When we are enchanted we cannot hear reason. Some of us get violently angry when confronted with reality. When the enchanted Rilian is told that his Lady sent our heroes to be eaten by giants he tells Eustace that if he wasn’t so young, Rilian would kill him. “I can hear no words against my lady’s honour.” Then a long list of her virtues: truth, mercy, constancy, gentleness, courage, and so on. Rilian’s response is anger, defensiveness, insistence on a long list of virtues. Even writing the last sentence of the previous paragraph I thought to myself, “But some of those products at the grocery store are actually good, it’s not that I’ve been enchanted.” But I have, and so have you. Lewis tells us, “The more enchanted you get, the more certain you feel that you are not enchanted at all.”

So the queen starts with things that seem sweet. Things that make us drowsy. There’s a subliminal monotonous repetition. Then she sets in with the gaslighting, the bad faith questions, the gentle suggestions that maybe the truth is false.

“There is no Narnia” she says. She has been there, of course, they all have been there.

Puddleglum: “I happen to have lived there all my life.”

“Where?” she asks, and when Puddleglum points upward, she laughs. Surely not in the middle of all that stone and rock? That’s not what he was saying, though. They tell her of Overworld, how they saw her “up there” but she doesn’t remember. It must have been a dream.

She sets in with arguments that sound logical and reasonable but are not. When they try to describe the sun she pretends not to know what it is, and says they are only taking things they can see here in her “real” world and inventing something bigger and better but the same. “The sun” is just them saying “there’s an even bigger lamp in Overworld.”

Eustace fights the enchantment hard—they all do. It’s Jill who thinks to bring up Aslan, but the witch pretends not to know who he is or even what a lion is. Eustace, frustrated, seems to realize that she is not being honest, but can’t find a way out of the argument. “Oh, hang it all! Don’t you know?”

She teases them that they must all be royalty in Overland—such delusions of grandeur—and when Jill says, no, she and Eustace are from yet another world, well… it all seems so complicated. The world is simpler than that. These are just silly fancies. Dreams.

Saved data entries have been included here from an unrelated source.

-- ===== src/RpcMessages.antt =====
-- client/proto/rpc.proto: the messages between a client and the one that leads a directory. A field
-- that is not set is zero or empty. The two numbers of a time are one field here, and the fields
-- that describe the target of a move are those of nmfs.Inode.Message.
pub mod Calls
use nmfs.Prelude.{ℕ, Bytes, Bool}
use nmfs.Exec.{Code}
use nmfs.Inode.{Timespec}
use nmfs.Inode.Message.{TargetFields}

-- rpc_dentry_table_request
pub record DentryTableRequest : Type 0 where
  pub dentry_table_ino_prefix : ℕ
  pub dentry_table_ino_postfix : ℕ
  pub filename : Bytes

-- rpc_dentry_table_respond
pub record DentryTableRespond : Type 0 where
  pub checked_ino_prefix : ℕ
  pub checked_ino_postfix : ℕ
  pub ret : Code

-- rpc_inode_request
pub record InodeRequest : Type 0 where
  pub dentry_table_ino_prefix : ℕ
  pub dentry_table_ino_postfix : ℕ
  pub filename : Bytes
  pub mask : ℕ
  pub target_is_parent : Bool

-- rpc_inode_respond
pub record InodeRespond : Type 0 where
  pub i_mode : ℕ
  pub ret : Code

-- rpc_getattr_request
pub record GetattrRequest : Type 0 where
  pub dentry_table_ino_prefix : ℕ
  pub dentry_table_ino_postfix : ℕ
  pub filename : Bytes
  pub target_is_parent : Bool

-- rpc_access_request
pub record AccessRequest : Type 0 where
  pub dentry_table_ino_prefix : ℕ
  pub dentry_table_ino_postfix : ℕ
  pub filename : Bytes
  pub mask : ℕ
  pub target_is_parent : Bool

-- rpc_readdir_request
pub record ReaddirRequest : Type 0 where
  pub dentry_table_ino_prefix : ℕ
  pub dentry_table_ino_postfix : ℕ

-- rpc_mkdir_request
pub record MkdirRequest : Type 0 where
  pub dentry_table_ino_prefix : ℕ
  pub dentry_table_ino_postfix : ℕ
  pub new_dir_name : Bytes
  pub new_mode : ℕ
  pub uid : ℕ
  pub gid : ℕ

-- rpc_rmdir_request
pub record RmdirRequest : Type 0 where
  pub dentry_table_ino_prefix : ℕ
  pub dentry_table_ino_postfix : ℕ
  pub target_name : Bytes
  pub target_ino_prefix : ℕ
  pub target_ino_postfix : ℕ

-- rpc_symlink_request
pub record SymlinkRequest : Type 0 where
  pub dentry_table_ino_prefix : ℕ
  pub dentry_table_ino_postfix : ℕ
  pub filename : Bytes
  pub src : Bytes
  pub dst : Bytes

-- rpc_readlink_request
pub record ReadlinkRequest : Type 0 where
  pub dentry_table_ino_prefix : ℕ
  pub dentry_table_ino_postfix : ℕ
  pub filename : Bytes
  pub size : ℕ

-- rpc_rename_same_parent_request
pub record RenameSameParentRequest : Type 0 where
  pub dentry_table_ino_prefix : ℕ
  pub dentry_table_ino_postfix : ℕ
  pub old_path : Bytes
  pub new_path : Bytes
  pub flags : ℕ

-- rpc_rename_not_same_parent_src_request
pub record RenameNotSameParentSrcRequest : Type 0 where
  pub dentry_table_ino_prefix : ℕ
  pub dentry_table_ino_postfix : ℕ
  pub old_path : Bytes
  pub flags : ℕ

-- rpc_rename_not_same_parent_dst_request
pub record RenameNotSameParentDstRequest : Type 0 where
  pub dentry_table_ino_prefix : ℕ
  pub dentry_table_ino_postfix : ℕ
  pub target : TargetFields
  pub check_dst_ino_prefix : ℕ
  pub check_dst_ino_postfix : ℕ
  pub new_path : Bytes
  pub flags : ℕ

-- rpc_create_request
pub record CreateRequest : Type 0 where
  pub dentry_table_ino_prefix : ℕ
  pub dentry_table_ino_postfix : ℕ
  pub new_file_name : Bytes
  pub new_mode : ℕ

-- rpc_unlink_request
pub record UnlinkRequest : Type 0 where
  pub dentry_table_ino_prefix : ℕ
  pub dentry_table_ino_postfix : ℕ
  pub filename : Bytes

-- rpc_write_request
pub record WriteRequest : Type 0 where
  pub dentry_table_ino_prefix : ℕ
  pub dentry_table_ino_postfix : ℕ
  pub filename : Bytes
  pub size : ℕ
  pub offset : ℕ
  pub flags : ℕ

-- rpc_open_opendir_request
pub record OpenOpendirRequest : Type 0 where
  pub dentry_table_ino_prefix : ℕ
  pub dentry_table_ino_postfix : ℕ
  pub filename : Bytes
  pub flags : ℕ
  pub target_is_parent : Bool

-- rpc_chmod_request
pub record ChmodRequest : Type 0 where
  pub dentry_table_ino_prefix : ℕ
  pub dentry_table_ino_postfix : ℕ
  pub filename : Bytes
  pub mode : ℕ
  pub target_is_parent : Bool

-- rpc_chown_request
pub record ChownRequest : Type 0 where
  pub dentry_table_ino_prefix : ℕ
  pub dentry_table_ino_postfix : ℕ
  pub filename : Bytes
  pub uid : ℕ
  pub gid : ℕ
  pub target_is_parent : Bool

-- rpc_utimens_request
pub record UtimensRequest : Type 0 where
  pub dentry_table_ino_prefix : ℕ
  pub dentry_table_ino_postfix : ℕ
  pub filename : Bytes
  pub atime : Timespec
  pub mtime : Timespec
  pub target_is_parent : Bool

-- rpc_truncate_request
pub record TruncateRequest : Type 0 where
  pub dentry_table_ino_prefix : ℕ
  pub dentry_table_ino_postfix : ℕ
  pub filename : Bytes
  pub offset : ℕ
  pub target_is_parent : Bool

-- rpc_common_respond
pub record CommonRespond : Type 0 where
  pub ret : Code

-- rpc_getattr_respond
pub record GetattrRespond : Type 0 where
  pub i_mode : ℕ
  pub i_uid : ℕ
  pub i_gid : ℕ
  pub i_ino_prefix : ℕ
  pub i_ino_postfix : ℕ
  pub i_nlink : ℕ
  pub i_size : ℕ
  pub atime : Timespec
  pub mtime : Timespec
  pub ctime : Timespec
  pub ret : Code

-- rpc_name_respond
pub record NameRespond : Type 0 where
  pub filename : Bytes
  pub ret : Code

-- rpc_create_respond
pub record CreateRespond : Type 0 where
  pub new_ino_prefix : ℕ
  pub new_ino_postfix : ℕ
  pub ret : Code

-- rpc_mkdir_respond
pub record MkdirRespond : Type 0 where
  pub new_dir_ino_prefix : ℕ
  pub new_dir_ino_postfix : ℕ
  pub ret : Code

-- rpc_rename_not_same_parent_src_respond
pub record RenameNotSameParentSrcRespond : Type 0 where
  pub target : TargetFields
  pub ret : Code

-- rpc_write_respond
pub record WriteRespond : Type 0 where
  pub size : ℕ
  pub offset : ℕ
  pub ret : Code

She is gaining control of them now.

When they struggle, when they say there is something different, something better, outside this cave, the queen pushes them back under her enchantment. “There never was such a world,” she tells them. They repeat it. “There never was any world but mine.”

It is Puddleglum who wakes them from the dream, and the way he does gives us a clue to Lewis’s own prescription for avoiding enchantment: Puddleglum puts his big webbed foot in the fire.

The “pain itself made Puddleglum’s head for a moment perfectly clear.” Instead of the sweet preferences, the drowsy certainty and inability to think, the clarifying power of reality bursts in on him. There is pain in breaking out of the enchantments that have been put upon him. The sweet smell fades, replaced with the smell of “burnt Marsh-wiggle.” As Lewis says, “There is nothing like a good shock of pain for dissolving certain kinds of magic.” When the witch is revealed, she’s angry and takes on her true form at last.

I want to be careful in how I introduce this real-world example here, because I am not wanting in any way to try to say that a burnt foot in a children’s book is anywhere near the same order of magnitude of what I am about to share. But look at how we got to the recent protests about Black people being killed by the police. There was a real, measurable, undeniable moment of intense pain, witnessed by the whole world through the video of George Floyd’s murder. Some people were already aware of this as a regular part of reality, but to others it seemed like something false, something unlikely and strange. The pain woke people up. This has happened before… but the sweet, comforting music lulls people back to sleep.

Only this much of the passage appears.